▸ **EXERCISE REQUIREMENTS**
Scan the entries and copy each line where the word "arguments" is present.

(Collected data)
-- ===== src/Log/Fits.antt =====
-- Which arguments a format string asks for: a description of it character by character.
use anbo_mos.Common.{
  ℕ, ◌^◌, Bool, true, false, not, ◌&&◌, ◌||◌, List, [], ◌∷◌, ◌≡◌, refl, ◌∙◌, inl, inr, Bool-cases,
  ltb, ◌==◌, if◌then◌else◌, add32, ◌*◌, ◌%◌, ◌-◌,
}
use anbo_mos.Log.Format.{Arg, word, text, pad_flag, width_loop}

-- In plain text, behind a percent sign, or behind the flag of a conversion.
pub data ScanMode : Type 0 where
  in_text at_flag at_width : ScanMode

-- "%d", "%u", "%x", "%s" and "%c" take an argument.
abbrev pub wants_arg : ℕ → Bool
wants_arg c = (c == 100) || (c == 117) || (c == 120) || (c == 115) || (c == 99)

-- "%s" takes a text, and the others a number.
abbrev pub suits : ℕ → Arg → Bool
suits c (word v) = not (c == 115)
suits c (text s) = c == 115

-- The arguments are those that the format asks for, in number and kind, or more.
unfoldable pub fits : ScanMode → (fmt : List ℕ) → List Arg → Bool
fits in_text [] args = true
fits at_flag [] args = true
fits at_width [] args = true
fits in_text (c ∷ fmt) args = if c == 37 then fits at_flag fmt args else fits in_text fmt args
fits at_flag (c ∷ fmt) args =
    if (c == 48) || (ltb 48 c && ltb c 58)
    then fits at_width fmt args
    else if wants_arg c
    then elim args [ [] ↦ false | ◌∷◌ a rest ↦ suits c a && fits in_text fmt rest ]
    else fits in_text fmt args
fits at_width (c ∷ fmt) args =
    if ltb 48 c && ltb c 58
    then fits at_width fmt args
    else if wants_arg c
    then elim args [ [] ↦ false | ◌∷◌ a rest ↦ suits c a && fits in_text fmt rest ]
    else fits in_text fmt args

-- From the character of a conversion on.
abbrev pub fits_spec : List ℕ → List Arg → Bool
fits_spec [] args = true
fits_spec (c ∷ fmt) args =
    if wants_arg c
    then elim args [ [] ↦ false | ◌∷◌ a rest ↦ suits c a && fits in_text fmt rest ]
    else fits in_text fmt args

pub fits-width_loop :
    (w : ℕ) (p : List ℕ) (args : List Arg)
    → fits at_width p args ≡ fits_spec (width_loop w p).1 args
unfolding fits width_loop
fits-width_loop w [] args = refl
fits-width_loop w (c ∷ p) args = elim (Bool-cases (ltb 48 c && ltb c 58)) [
  | inl digit ↦ rw digit (fits-width_loop (add32 ((w * 10) % 2 ^ 32) (c - 48)) p args)
  | inr other ↦ rw other refl
]

fits-flag_char :
    (c : ℕ) (p : List ℕ) (args : List Arg)
    → (c == 48) ≡ true
    → fits at_flag (c ∷ p) args ≡ fits at_width p args
unfolding fits
fits-flag_char c p args e = rw e refl

fits-other_char :
    (c : ℕ) (p : List ℕ) (args : List Arg)
    → (c == 48) ≡ false
    → fits at_flag (c ∷ p) args ≡ fits at_width (c ∷ p) args
unfolding fits
fits-other_char c p args e = rw e refl

pub fits-pad_flag :
    (p : List ℕ) (args : List Arg)
    → fits at_flag p args ≡ fits_spec (width_loop 0 (pad_flag p).1).1 args
unfolding pad_flag
fits-pad_flag [] args = unfold fits width_loop in refl
fits-pad_flag (c ∷ p) args = elim (Bool-cases (c == 48)) [
  | inl flag ↦ rw flag (fits-flag_char c p args flag ∙ fits-width_loop 0 p args)
  | inr other ↦ rw other (fits-other_char c p args other ∙ fits-width_loop 0 (c ∷ p) args)
]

▸ **SOLVED PROBLEM**
-- Which arguments a format string asks for: a description of it character by character.
-- The arguments are those that the format asks for, in number and kind, or more.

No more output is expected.